Stored data entries:
----
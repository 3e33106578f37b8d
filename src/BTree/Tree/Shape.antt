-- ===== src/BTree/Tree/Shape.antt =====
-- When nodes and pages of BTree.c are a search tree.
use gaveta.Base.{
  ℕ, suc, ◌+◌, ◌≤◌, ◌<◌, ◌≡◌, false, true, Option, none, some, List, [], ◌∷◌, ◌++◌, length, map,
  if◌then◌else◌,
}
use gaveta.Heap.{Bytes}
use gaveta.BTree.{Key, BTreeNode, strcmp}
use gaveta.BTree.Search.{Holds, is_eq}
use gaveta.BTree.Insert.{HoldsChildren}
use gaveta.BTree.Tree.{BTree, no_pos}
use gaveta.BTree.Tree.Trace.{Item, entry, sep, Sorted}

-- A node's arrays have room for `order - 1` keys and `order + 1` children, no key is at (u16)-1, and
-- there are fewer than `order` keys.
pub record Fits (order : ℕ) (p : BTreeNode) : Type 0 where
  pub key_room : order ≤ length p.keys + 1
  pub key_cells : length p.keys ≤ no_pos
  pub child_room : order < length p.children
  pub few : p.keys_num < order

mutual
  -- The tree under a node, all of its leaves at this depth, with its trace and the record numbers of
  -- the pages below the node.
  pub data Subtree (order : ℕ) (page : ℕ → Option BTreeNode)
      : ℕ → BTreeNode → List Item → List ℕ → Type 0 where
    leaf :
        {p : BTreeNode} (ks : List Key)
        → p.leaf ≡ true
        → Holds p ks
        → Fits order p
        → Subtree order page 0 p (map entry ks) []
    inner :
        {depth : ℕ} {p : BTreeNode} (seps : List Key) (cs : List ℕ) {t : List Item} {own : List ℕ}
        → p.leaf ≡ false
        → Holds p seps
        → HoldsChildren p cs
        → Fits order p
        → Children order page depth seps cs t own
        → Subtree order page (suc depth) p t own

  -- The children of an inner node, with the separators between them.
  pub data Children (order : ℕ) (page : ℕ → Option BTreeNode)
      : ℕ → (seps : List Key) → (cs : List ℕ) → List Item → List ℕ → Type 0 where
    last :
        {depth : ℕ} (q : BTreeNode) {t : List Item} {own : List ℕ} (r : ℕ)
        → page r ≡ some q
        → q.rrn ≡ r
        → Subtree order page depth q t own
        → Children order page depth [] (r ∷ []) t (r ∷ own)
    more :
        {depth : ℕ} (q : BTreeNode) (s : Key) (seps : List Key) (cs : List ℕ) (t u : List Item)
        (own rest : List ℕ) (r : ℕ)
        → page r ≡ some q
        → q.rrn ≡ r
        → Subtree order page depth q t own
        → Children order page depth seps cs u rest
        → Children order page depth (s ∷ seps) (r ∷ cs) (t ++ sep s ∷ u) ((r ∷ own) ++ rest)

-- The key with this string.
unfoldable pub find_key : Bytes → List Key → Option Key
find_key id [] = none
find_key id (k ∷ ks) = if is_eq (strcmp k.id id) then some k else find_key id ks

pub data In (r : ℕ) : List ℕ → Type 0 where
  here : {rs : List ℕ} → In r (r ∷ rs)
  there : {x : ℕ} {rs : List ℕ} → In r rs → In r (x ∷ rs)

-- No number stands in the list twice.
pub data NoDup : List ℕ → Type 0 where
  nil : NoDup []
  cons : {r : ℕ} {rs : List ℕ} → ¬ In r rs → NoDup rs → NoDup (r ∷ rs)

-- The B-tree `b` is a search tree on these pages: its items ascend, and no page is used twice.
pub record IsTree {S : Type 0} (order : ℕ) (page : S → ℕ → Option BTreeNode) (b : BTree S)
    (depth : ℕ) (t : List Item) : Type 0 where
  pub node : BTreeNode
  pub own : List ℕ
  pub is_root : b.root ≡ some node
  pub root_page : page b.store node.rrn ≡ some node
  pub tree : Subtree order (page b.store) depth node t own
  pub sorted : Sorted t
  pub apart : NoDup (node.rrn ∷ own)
----
> EXERCISE DIRECTIONS
Starting at the line that contains "pub tree : Subtree", write out every line to the end of the entries, exactly as given.

> ANSWER
  pub tree : Subtree order (page b.store) depth node t own
  pub sorted : Sorted t
  pub apart : NoDup (node.rrn ∷ own)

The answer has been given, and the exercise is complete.